_EXERCISE:_ In the entries below, find the line with "Steady-Tidy m k" and print exactly every line from there up to and including the line with "own_older s n", with no other lines.

[Collected data]
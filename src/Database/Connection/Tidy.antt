-- ===== src/Database/Connection/Tidy.antt =====
-- Which connections a call opens, closes and leaves alone.
use somethingremotelygood.Base.{
  ℕ, suc, ◌≤◌, ◌<◌, Bool, true, false, Option, none, some, List, [], ◌∷◌, Bytes, codes, Result,
  Error, ok, runtime_error, Exec, ◌≡◌, ◌≢◌, refl, ◌∙◌, arith, Bool-cases, Result-cases, got, failed,
  ran_out, inl, inr, if◌then◌else◌,
}
use somethingremotelygood.Base.Effects.{pure, raise, lift, ◌>>=◌}
use somethingremotelygood.Base.Effects.Post.{Post, Post-pure, Post-raise, Post-then}
use somethingremotelygood.Database.Bind.{Value}
use somethingremotelygood.Database.Cells.{Cell}
use somethingremotelygood.Database.Connection.{
  Sqlcipher, Store, set_flag, commands, new_connection, call_program, run_sql, execute,
  execute_insert, execute_update, get_connection, with_connection,
}

-- A call that opens and closes no connection.
pub record Steady {q : Sqlcipher} {A : Type 0} (m : Exec (Store q) A) : Type 0 where
  pub same_count : (s : Store q) → (m s).1.created ≡ s.created
  pub same_flags : (s : Store q) → (m s).1.closed ≡ s.closed

module _ {q : Sqlcipher} {A : Type 0} where
  pub Steady-pure : (a : A) → Steady {q = q} (pure a)
  Steady-pure a = record { same_count = λ s. refl; same_flags = λ s. refl }

  pub Steady-raise : (e : Error) → Steady {q = q} {A = A} (raise e)
  Steady-raise e = record { same_count = λ s. refl; same_flags = λ s. refl }

  pub Steady-lift : (r : Result A) → Steady {q = q} (lift r)
  Steady-lift r = record { same_count = λ s. refl; same_flags = λ s. refl }

  pub Steady-if :
      (b : Bool) (m n : Exec (Store q) A) → Steady m → Steady n → Steady (if b then m else n)
  Steady-if true m n km kn = km
  Steady-if false m n km kn = kn

module _ {q : Sqlcipher} {A B : Type 0} where
  bind_count :
      (m : Exec (Store q) A) (f : A → Exec (Store q) B)
      → Steady m
      → ((a : A) → Steady (f a))
      → (s : Store q) → ((m >>= f) s).1.created ≡ s.created
  bind_count m f hm hf s = elim (Result-cases (m s).0) [
    | got (a, e) ↦ rw e ((hf a).same_count (m s).1 ∙ hm.same_count s)
    | failed (x, e) ↦ rw e (hm.same_count s)
    | ran_out e ↦ rw e (hm.same_count s)
  ]

  bind_flags :
      (m : Exec (Store q) A) (f : A → Exec (Store q) B)
      → Steady m
      → ((a : A) → Steady (f a))
      → (s : Store q) → ((m >>= f) s).1.closed ≡ s.closed
  bind_flags m f hm hf s = elim (Result-cases (m s).0) [
    | got (a, e) ↦ rw e ((hf a).same_flags (m s).1 ∙ hm.same_flags s)
    | failed (x, e) ↦ rw e (hm.same_flags s)
    | ran_out e ↦ rw e (hm.same_flags s)
  ]

  pub Steady-bind :
      (m : Exec (Store q) A) (f : A → Exec (Store q) B)
      → Steady m
      → ((a : A) → Steady (f a))
      → Steady (m >>= f)
  Steady-bind m f hm hf = record {
    same_count = bind_count m f hm hf;
    same_flags = bind_flags m f hm hf;
  }

module _ {q : Sqlcipher} where
  Steady-call_program : (input : Bytes) → Steady {q = q} (call_program input)
  Steady-call_program input = record { same_count = λ s. refl; same_flags = λ s. refl }

  run_open : Bytes → Exec (Store q) Bytes
  run_open sql = call_program (commands q.password sql) >>= λ result.
      if result.returncode_zero then pure result.stdout else raise runtime_error

  Steady-run_open : (sql : Bytes) → Steady (run_open sql)
  unfolding run_open
  Steady-run_open sql =
      Steady-bind _ _ (Steady-call_program (commands q.password sql))
        λ result. Steady-if result.returncode_zero _ _ (Steady-pure _) (Steady-raise _)

  Steady-run_sql : (c : ℕ) (sql : Bytes) → Steady {q = q} (run_sql c sql)
  unfolding run_sql run_open
  Steady-run_sql c sql = record {
    same_count = λ s. elim (Bool-cases (s.closed c)) [
      | inl e ↦ rw (e, run_sql) refl
      | inr e ↦ rw (e, run_sql) ((Steady-run_open sql).same_count s)
    ];
    same_flags = λ s. elim (Bool-cases (s.closed c)) [
      | inl e ↦ rw (e, run_sql) refl
      | inr e ↦ rw (e, run_sql) ((Steady-run_open sql).same_flags s)
    ];
  }

  ruleset steady_rules =
      (Steady-pure, Steady-raise, Steady-lift, Steady-if, Steady-bind, Steady-run_sql)

  pub Steady-execute :
      (c : ℕ) (sql : Bytes) (params : List Value) → Steady {q = q} (execute c sql params)
  unfolding execute
  Steady-execute c sql params = search steady_rules depth 9

  pub Steady-execute_insert :
      (c : ℕ) (sql : Bytes) (params : List Value) → Steady {q = q} (execute_insert c sql params)
  unfolding execute_insert
  Steady-execute_insert c sql params = search steady_rules depth 9

  pub Steady-execute_update :
      (c : ℕ) (sql : Bytes) (params : List Value) → Steady {q = q} (execute_update c sql params)
  unfolding execute_update
  Steady-execute_update c sql params = search steady_rules depth 9

  -- A new connection is open, and it is the one that is returned.
  pub record Opened (s : Store q) (r : Result ℕ × Store q) : Type 0 where
    pub one_more : r.1.created ≡ suc s.created
    pub is_open : r.1.closed ≡ set_flag s.closed s.created false
    pub returned : (c : ℕ) → r.0 ≡ ok c → c ≡ s.created

  -- the query that tries the password
  abbrev checked : ℕ → List (List Cell) → Exec (Store q) ℕ
  checked c [] = raise runtime_error
  checked c (r ∷ rs) = pure c

  abbrev try_open : ℕ → Exec (Store q) ℕ
  try_open c = execute c (codes "SELECT count(*) FROM sqlite_master") [] >>= checked c

  Steady-checked : (c : ℕ) (rows : List (List Cell)) → Steady (checked c rows)
  Steady-checked c [] = Steady-raise runtime_error
  Steady-checked c (r ∷ rs) = Steady-pure c

  Post-checked : (c : ℕ) (rows : List (List Cell)) → Post (λ a. a ≡ c) (checked c rows)
  Post-checked c [] = Post-raise runtime_error
  Post-checked c (r ∷ rs) = Post-pure c refl

  get_connection_try : (s : Store q) → get_connection s ≡ try_open s.created (new_connection s).1
  unfolding get_connection new_connection
  get_connection_try s =
      let s1 = (new_connection s).1 in
      elim (Result-cases (execute s.created (codes "SELECT count(*) FROM sqlite_master") [] s1).0) [
        | got (rows, e) ↦ rw e (
            same_checked s.created rows
              (execute s.created (codes "SELECT count(*) FROM sqlite_master") [] s1).1)
        | failed (x, e) ↦ rw e refl
        | ran_out e ↦ rw e refl
      ]
    where
      same_checked :
          (c : ℕ) (rows : List (List Cell)) (s : Store q)
          → (elim rows as (λ rows. Exec (Store q) ℕ) [ [] ↦ raise runtime_error | r ∷ rs ↦ pure c ])
              s
            ≡ checked c rows s
      same_checked c [] s = refl
      same_checked c (r ∷ rs) s = refl

  get_connection-Opened : (s : Store q) → Opened s (get_connection s)
  unfolding new_connection
  get_connection-Opened s =
      let k : Steady (try_open s.created) =
        Steady-bind _ _ (Steady-execute s.created (codes "SELECT count(*) FROM sqlite_master") [])
          (Steady-checked s.created) in
      let s1 = (new_connection s).1 in
      rw (get_connection_try s) (record {
        one_more = k.same_count s1;
        is_open = k.same_flags s1;
        returned =
            (Post-then (execute s.created (codes "SELECT count(*) FROM sqlite_master") [])
                (checked s.created) (Post-checked s.created)).at
              s1;
      })

-- A call that leaves the connections before it alone and closes those that it opens, whether it
-- returns or raises, unless opening one fails.
pub record Tidy {q : Sqlcipher} {A : Type 0} (m : Exec (Store q) A) : Type 0 where
  pub leaves_older : (s : Store q) (n : ℕ) → n < s.created → (m s).1.closed n ≡ s.closed n
  pub closes_own :
      (s : Store q) (c n : ℕ)
      → (get_connection s).0 ≡ ok c
      → s.created ≤ n
      → n < (m s).1.created
      → (m s).1.closed n ≡ true

module _ {q : Sqlcipher} {A : Type 0} where
  Steady-Tidy : (m : Exec (Store q) A) → Steady m → Tidy m
  Steady-Tidy m k = record {
    leaves_older = λ s n h. rw (k.same_flags s) refl;
    closes_own = λ s c n e h h'. absurd (omega (arith, k.same_count s));
  }

  module _ (body : ℕ → Exec (Store q) A) (k : (c : ℕ) → Steady (body c)) where
    own_opened :
        (s : Store q) (c : ℕ)
        → (get_connection s).0 ≡ ok c
        → ((with_connection none body s).1.closed
            ≡ set_flag (set_flag s.closed s.created false) s.created true)
          × ((with_connection none body s).1.created ≡ suc s.created)
    unfolding with_connection
    own_opened s c e =
        let o = get_connection-Opened s in
        rw (e, with_connection)
          (
            rw ((k c).same_flags (get_connection s).1, o.is_open, o.returned c e) refl,
            (k c).same_count (get_connection s).1 ∙ o.one_more,
          )

    own_failed :
        (s : Store q)
        → ((c : ℕ) → (get_connection s).0 ≢ ok c)
        → (with_connection none body s).1 ≡ (get_connection s).1
    unfolding with_connection
    own_failed s h = elim (Result-cases (get_connection s).0) [
      | got (c, e) ↦ absurd (h c e)
      | failed (x, e) ↦ rw (e, with_connection) refl
      | ran_out e ↦ rw (e, with_connection) refl
    ]

    own_older :
        (s : Store q) (n : ℕ)
        → n < s.created
        → (with_connection none body s).1.closed n ≡ s.closed n
    own_older s n h = elim (Result-cases (get_connection s).0) [
      | got (c, e) ↦ rw (own_opened s c e).0 (ground arith)
      | failed (x, e) ↦
          rw (own_failed s (λ c q. cc), (get_connection-Opened s).is_open) (ground arith)
      | ran_out e ↦ rw (own_failed s (λ c q. cc), (get_connection-Opened s).is_open) (ground arith)
    ]

    own_closed :
        (s : Store q) (c n : ℕ)
        → (get_connection s).0 ≡ ok c
        → s.created ≤ n
        → n < (with_connection none body s).1.created
        → (with_connection none body s).1.closed n ≡ true
    own_closed s c n e h h' =
        let same : n ≡ s.created = omega (arith, (own_opened s c e).1) in
        rw ((own_opened s c e).0, same) (ground arith)

    own_Tidy : Tidy (with_connection none body)
    own_Tidy = record { leaves_older = own_older; closes_own = own_closed }

    pub with_connection-Tidy : (conn : Option ℕ) → Tidy (with_connection conn body)
    unfolding with_connection
    with_connection-Tidy none = own_Tidy
    with_connection-Tidy (some c) = Steady-Tidy (body c) (k c)
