-- ===== src/Database/Rows.antt =====
-- Rows of a result, and the dicts that the queries make of them.
use somethingremotelygood.Base.{
  List, [], ◌∷◌, Bytes, Option, none, some, Result, ok, index_error, raised,
}
use somethingremotelygood.Base.Results.{◌>>=◌}
use somethingremotelygood.Database.Cells.{Cell}

abbrev pub Row : Type 0
Row = List (Bytes × Cell)

-- `dict(zip(columns, row))`
unfoldable pub zip : List Bytes → List Cell → Row
zip [] cells = []
zip (name ∷ names) [] = []
zip (name ∷ names) (cell ∷ cells) = (name, cell) ∷ zip names cells

-- `row[0]`
abbrev pub head_of {ℓ} : {A : Type ℓ} → List A → Result A
head_of [] = raised index_error
head_of (cell ∷ cells) = ok cell

-- `[row[0] for row in rows]`
unfoldable pub first_cells : List (List Cell) → Result (List Cell)
first_cells [] = ok []
first_cells (row ∷ rows) = do cell ← head_of row; cells ← first_cells rows; ok (cell ∷ cells)

-- `rows[0] if rows else None`
abbrev pub first_row : List Row → Option Row
first_row [] = none
first_row (row ∷ rows) = some row
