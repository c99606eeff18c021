-- ===== src/Database/Queries.antt =====
-- The queries of the program (`get_sessions` to `get_anomaly_report`).
pub mod Tidy
use somethingremotelygood.Base.{
  ℕ, zero, suc, Bool, true, false, ◌||◌, not, Option, none, some, List, [], ◌∷◌, ◌++◌, Bytes, codes,
  eqb, map, Result, ok, raised, index_error, value_error, Exec, if◌then◌else◌,
}
use somethingremotelygood.Base.Hex.{fromhex}
use somethingremotelygood.Base.Effects.{pure, raise, lift, ◌>>=◌, ◌>>◌}
use somethingremotelygood.Sanitizer.Lines.{decimal}
use somethingremotelygood.Database.Bind.{Value, text, null, number, blob}
use somethingremotelygood.Database.Cells.{Cell, positive, negative, real}
use somethingremotelygood.Database.Rows.{Row, zip, head_of, first_cells, first_row}
use somethingremotelygood.Database.Connection.{
  Sqlcipher, Store, execute, execute_insert, execute_update, with_connection,
}

-- `if user_id:`: a value that is not None, empty or zero
abbrev pub given : Option Value → Bool
given none = false
given (some null) = false
given (some (number s)) = not (eqb s (codes "0") || (eqb s (codes "0.0") || eqb s (codes "-0.0")))
given (some (blob [])) = false
given (some (blob (c ∷ s))) = true
given (some (text [])) = false
given (some (text (c ∷ s))) = true

abbrev pub since_given : Option ℕ → Bool
since_given none = false
since_given (some zero) = false
since_given (some (suc n)) = true

-- `params.append(user_id)` and `params.append(int(since))`
abbrev pub user_params : Option Value → List Value
user_params none = []
user_params (some v) = if given (some v) then v ∷ [] else []

abbrev pub since_params : Option ℕ → List Value
unfolding decimal
since_params none = []
since_params (some zero) = []
since_params (some (suc n)) = number (decimal (suc n)) ∷ []

unfoldable pub sessions_sql : Option Value → Option ℕ → Bytes
sessions_sql user_id since =
    codes "SELECT session_id, user_id, container_id, event_type, timestamp FROM sessions WHERE 1=1"
    ++ ((if given user_id then codes " AND user_id = ?" else [])
        ++ ((if since_given since then codes " AND timestamp >= ?" else [])
            ++ codes " ORDER BY timestamp ASC"))

unfoldable pub sessions_params : Option Value → Option ℕ → List Value
unfolding since_params
sessions_params user_id since = user_params user_id ++ since_params since

abbrev session_columns : List Bytes
session_columns =
    codes "session_id"
    ∷ codes "user_id"
    ∷ codes "container_id"
    ∷ codes "event_type"
    ∷ codes "timestamp"
    ∷ []

abbrev pending_columns : List Bytes
pending_columns =
    codes "report_id"
    ∷ codes "user_id"
    ∷ codes "anomaly_type"
    ∷ codes "severity"
    ∷ codes "summary"
    ∷ codes "details_json"
    ∷ codes "created"
    ∷ []

abbrev report_columns : List Bytes
report_columns =
    codes "report_id"
    ∷ codes "user_id"
    ∷ codes "anomaly_type"
    ∷ codes "severity"
    ∷ codes "summary"
    ∷ codes "details_json"
    ∷ codes "created"
    ∷ codes "status"
    ∷ []

-- `str(val)` of a float and its test for zero, of Python
pub record Floats : Type 0 where
  pub str_float : Bytes → Bytes
  pub is_zero : Bytes → Bool

-- `rows[0][0]` as a condition, and as a text
abbrev pub truthy : Floats → Cell → Bool
truthy f (positive zero) = false
truthy f (positive (suc n)) = true
truthy f (negative n) = true
truthy f (real s) = not (f.is_zero s)
truthy f (Cell.text []) = false
truthy f (Cell.text (c ∷ s)) = true

abbrev pub str_of : Floats → Cell → Bytes
unfolding decimal
str_of f (positive n) = decimal n
str_of f (negative n) = b'-' ∷ decimal n
str_of f (real s) = f.str_float s
str_of f (Cell.text s) = s

abbrev pub found_key : Result Bytes → Result (Option Bytes)
found_key (ok key) = ok (some key)
found_key (raised e) = raised e
found_key _ = raised value_error

-- `rows and rows[0][0]`, and then the key
unfoldable pub key_from : Floats → List (List Cell) → Result (Option Bytes)
unfolding fromhex
key_from f [] = ok none
key_from f ([] ∷ rows) = raised index_error
key_from f ((cell ∷ cells) ∷ rows) = elim (truthy f cell) [
  | false ↦ ok none
  | true ↦ found_key (fromhex (str_of f cell))
]

module _ {q : Sqlcipher} where
  unfoldable pub get_sessions : Option Value → Option ℕ → Option ℕ → Exec (Store q) (List Row)
  unfolding sessions_sql sessions_params zip
  get_sessions user_id since conn = with_connection conn λ c. do
    rows ← execute c (sessions_sql user_id since) (sessions_params user_id since)
    pure (map (zip session_columns) rows)

  unfoldable pub get_all_users : Option ℕ → Exec (Store q) (List Cell)
  unfolding first_cells
  get_all_users conn =
      with_connection conn
        λ c. do rows ← execute c (codes "SELECT user_id FROM users") []; lift (first_cells rows)

  unfoldable pub insert_anomaly_report :
      Value → Value → Value → Value → Value → Option ℕ → Exec (Store q) (Option Cell)
  insert_anomaly_report user_id anomaly_type severity summary details_json conn =
      with_connection conn λ c.
        execute_insert c
          (codes
            "INSERT INTO anomaly_reports(user_id, anomaly_type, severity, summary, details_json) VALUES(?,?,?,?,?)")
          (user_id ∷ anomaly_type ∷ severity ∷ summary ∷ details_json ∷ [])

  unfoldable pub get_pending_anomalies : Option ℕ → Exec (Store q) (List Row)
  unfolding zip
  get_pending_anomalies conn = with_connection conn λ c. do
    rows ←
        execute c
          (codes
            "SELECT report_id, user_id, anomaly_type, severity, summary, details_json, datetime(created_at, 'unixepoch') as created FROM anomaly_reports WHERE status = 'pending' ORDER BY created_at DESC")
          []
    pure (map (zip pending_columns) rows)

  unfoldable pub insert_command_report :
      Value → Value → Value → Value → Value → Option ℕ → Exec (Store q) (Option Cell)
  insert_command_report anomaly_id user_id container_id analysis risk_level conn =
      with_connection conn λ c.
        execute_insert c
          (codes
            "INSERT INTO command_reports(anomaly_report_id, user_id, container_id, analysis_text, risk_level) VALUES(?,?,?,?,?)")
          (anomaly_id ∷ user_id ∷ container_id ∷ analysis ∷ risk_level ∷ [])

  unfoldable pub update_anomaly_status : Value → Value → Option ℕ → Exec (Store q) (Unit {0})
  update_anomaly_status report_id status conn = with_connection conn λ c.
      execute_update c (codes "UPDATE anomaly_reports SET status = ? WHERE report_id = ?")
        (status ∷ report_id ∷ [])

  unfoldable pub get_container_key :
      Floats → Value → Value → Option ℕ → Exec (Store q) (Option Bytes)
  unfolding key_from
  get_container_key floats user_id container_id conn = with_connection conn λ c. do
    rows ←
        execute c
          (codes "SELECT hex(container_key) FROM containers WHERE user_id = ? AND container_id = ?")
          (user_id ∷ container_id ∷ [])
    lift (key_from floats rows)

  unfoldable pub get_anomaly_report : Value → Option ℕ → Exec (Store q) (Option Row)
  unfolding zip
  get_anomaly_report report_id conn = with_connection conn λ c. do
    rows ←
        execute c
          (codes
            "SELECT report_id, user_id, anomaly_type, severity, summary, details_json, datetime(created_at, 'unixepoch') as created, status FROM anomaly_reports WHERE report_id = ?")
          (report_id ∷ [])
    pure (first_row (map (zip report_columns) rows))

_ANSWER TO THIS PROBLEM:_
  Steady-Tidy m k = record {
    leaves_older = λ s n h. rw (k.same_flags s) refl;
    closes_own = λ s c n e h h'. absurd (omega (arith, k.same_count s));
  }

  module _ (body : ℕ → Exec (Store q) A) (k : (c : ℕ) → Steady (body c)) where
    own_opened :
        (s : Store q) (c : ℕ)
        → (get_connection s).0 ≡ ok c
        → ((with_connection none body s).1.closed
            ≡ set_flag (set_flag s.closed s.created false) s.created true)
          × ((with_connection none body s).1.created ≡ suc s.created)
    unfolding with_connection
    own_opened s c e =
        let o = get_connection-Opened s in
        rw (e, with_connection)
          (
            rw ((k c).same_flags (get_connection s).1, o.is_open, o.returned c e) refl,
            (k c).same_count (get_connection s).1 ∙ o.one_more,
          )

    own_failed :
        (s : Store q)
        → ((c : ℕ) → (get_connection s).0 ≢ ok c)
        → (with_connection none body s).1 ≡ (get_connection s).1
    unfolding with_connection
    own_failed s h = elim (Result-cases (get_connection s).0) [
      | got (c, e) ↦ absurd (h c e)
      | failed (x, e) ↦ rw (e, with_connection) refl
      | ran_out e ↦ rw (e, with_connection) refl
    ]

    own_older :
        (s : Store q) (n : ℕ)
        → n < s.created
        → (with_connection none body s).1.closed n ≡ s.closed n
    own_older s n h = elim (Result-cases (get_connection s).0) [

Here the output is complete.